Provide only the number of lines in the data below that contain the string "Bytes".
══ MATERIAL FOR THE TASK ══
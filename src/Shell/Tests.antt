-- ===== src/Shell/Tests.antt =====
-- Commands of the client.
use seamlessrdp.Base.{
  ◌<◌, ◌≡◌, ◌≢◌, ◌↔◌, refl, List, [], ◌∷◌, ◌++◌, none, some, Bytes, codes, arith, replicate,
}
use seamlessrdp.Base.Int.{pos, negsuc}
use seamlessrdp.Shared.{long_to_hwnd}
use seamlessrdp.Shell.Escape.{unescape, escape_at, scan_spaced, scan_hex2, hex_value, is_space}
use seamlessrdp.Shell.Escape.Percent.{literals, Encodes, nil, literal, escaped, unescape-Encodes}
use seamlessrdp.Shell.Tokens.{get_tokens, get_token, split_comma}
use seamlessrdp.Shell.Number.{strtoul, strtol, read_signed, read_magnitude}
use seamlessrdp.Shell.Command.{
  sync, set_state, move_window, done, crashed, overrun, handle_line, handle_tokens, dispatch,
  c_string, equal,
}
use seamlessrdp.Shell.Command.Carried.{handle_line-carried}
use seamlessrdp.Vchannel.Serial.{decimal, decimal_onto}
use seamlessrdp.Vchannel.Format.{print_hex, hex_digits, hex_digit, print_int}
use seamlessrdp.Shell.Command.Arity.{IsLineOf, arity, handle_line-crashed_iff}

numbers :
    (strtoul (codes "0x0001f") ≡ 31)
    × (strtoul (codes " 017") ≡ 15)
    × (strtoul (codes "-1") ≡ 0xFFFF_FFFF)
    × (strtol (codes "-12") ≡ negsuc 11)
    × (strtol (codes "0xffffffff") ≡ pos 0x7FFF_FFFF)
unfolding strtoul strtol read_signed read_magnitude hex_value is_space
numbers = (refl, refl, refl, refl, refl)

handled :
    (handle_line (codes "POSITION,1,0x20,-8,%30,10,20")
      ≡ done (some (move_window 1 32 (negsuc 7) (pos 0) (pos 10) (pos 20))) none)
    × (handle_line (codes "FOCUS,1") ≡ crashed)
    × (handle_line (codes "SYNC%4") ≡ overrun)
    × (handle_line (codes "SYNC,1,2,3,4,5,6,7,8") ≡ done (some sync) (some (codes "8")))
unfolding handle_line unescape escape_at scan_spaced scan_hex2 hex_value is_space get_tokens
    get_token split_comma handle_tokens dispatch c_string equal strtoul strtol read_signed
    read_magnitude long_to_hwnd
handled = (refl, refl, refl, refl)

-- "a%2Cb"
a_comma_b : Encodes (codes "a%2Cb") (codes "a,b")
unfolding hex_value
a_comma_b = literal (omega arith) (escaped refl refl (literal (omega arith) nil))

unescape-Encodes_example : unescape (codes "a%2Cb") ≡ some (codes "a,b")
unescape-Encodes_example = unescape-Encodes a_comma_b

unescape_comma : unescape (codes "a%2Cb") ≡ some (codes "a,b")
unfolding unescape escape_at scan_spaced scan_hex2 hex_value is_space
unescape_comma = refl

focus_line : IsLineOf (codes "FOCUS,1") (codes "FOCUS") (codes "1" ∷ [])
focus_line = record {
  encodes = literals (codes "FOCUS,1") (omega arith);
  name_text = omega arith;
  args_text = omega arith;
  name_field = omega arith;
  args_field = omega arith;
}

handle_line-crashed_iff_example :
    ((handle_line (codes "FOCUS,1") ≡ crashed) ↔ (1 < arity (codes "FOCUS")))
    × (handle_line (codes "FOCUS,1") ≢ overrun)
handle_line-crashed_iff_example =
    handle_line-crashed_iff (codes "FOCUS,1") (codes "FOCUS") (codes "1" ∷ []) focus_line
      (omega arith)

sync_line : IsLineOf (codes "SYNC") (codes "SYNC") []
sync_line = record {
  encodes = literals (codes "SYNC") (omega arith);
  name_text = omega arith;
  args_text = tt;
  name_field = omega arith;
  args_field = tt;
}

sync_handled : handle_line (codes "SYNC") ≡ done (some sync) none
unfolding handle_line unescape escape_at get_tokens get_token split_comma handle_tokens dispatch
    c_string equal
sync_handled = refl

abbrev seven : List Bytes
seven = replicate 7 (codes "1")

long_line : IsLineOf (codes "SYNC,1,1,1,1,1,1,1,8") (codes "SYNC") (seven ++ codes "8" ∷ [])
long_line = record {
  encodes = literals (codes "SYNC,1,1,1,1,1,1,1,8") (omega arith);
  name_text = omega arith;
  args_text = omega arith;
  name_field = omega arith;
  args_field = omega arith;
}

long_handled : handle_line (codes "SYNC,1,1,1,1,1,1,1,8") ≡ done (some sync) (some (codes "8"))
unfolding handle_line unescape escape_at get_tokens get_token split_comma handle_tokens dispatch
    c_string equal
long_handled = refl

handle_line-carried_example :
    handle_line (codes "STATE,7,0x0002002a,1,0x00000000")
    ≡ done (some (set_state 7 (long_to_hwnd 0x2002A) (pos 1))) none
unfolding decimal decimal_onto print_hex hex_digits hex_digit print_int
handle_line-carried_example =
    handle_line-carried (set_state 7 0x2002A (pos 1)) (codes "0x00000000" ∷ [])
      (codes "STATE,7,0x0002002a,1,0x00000000") (omega arith, omega arith, omega arith)
      ((omega arith, omega arith), tt)
      (literals (codes "STATE,7,0x0002002a,1,0x00000000") (omega arith)) (omega arith)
═══
# ANSWER BOX
2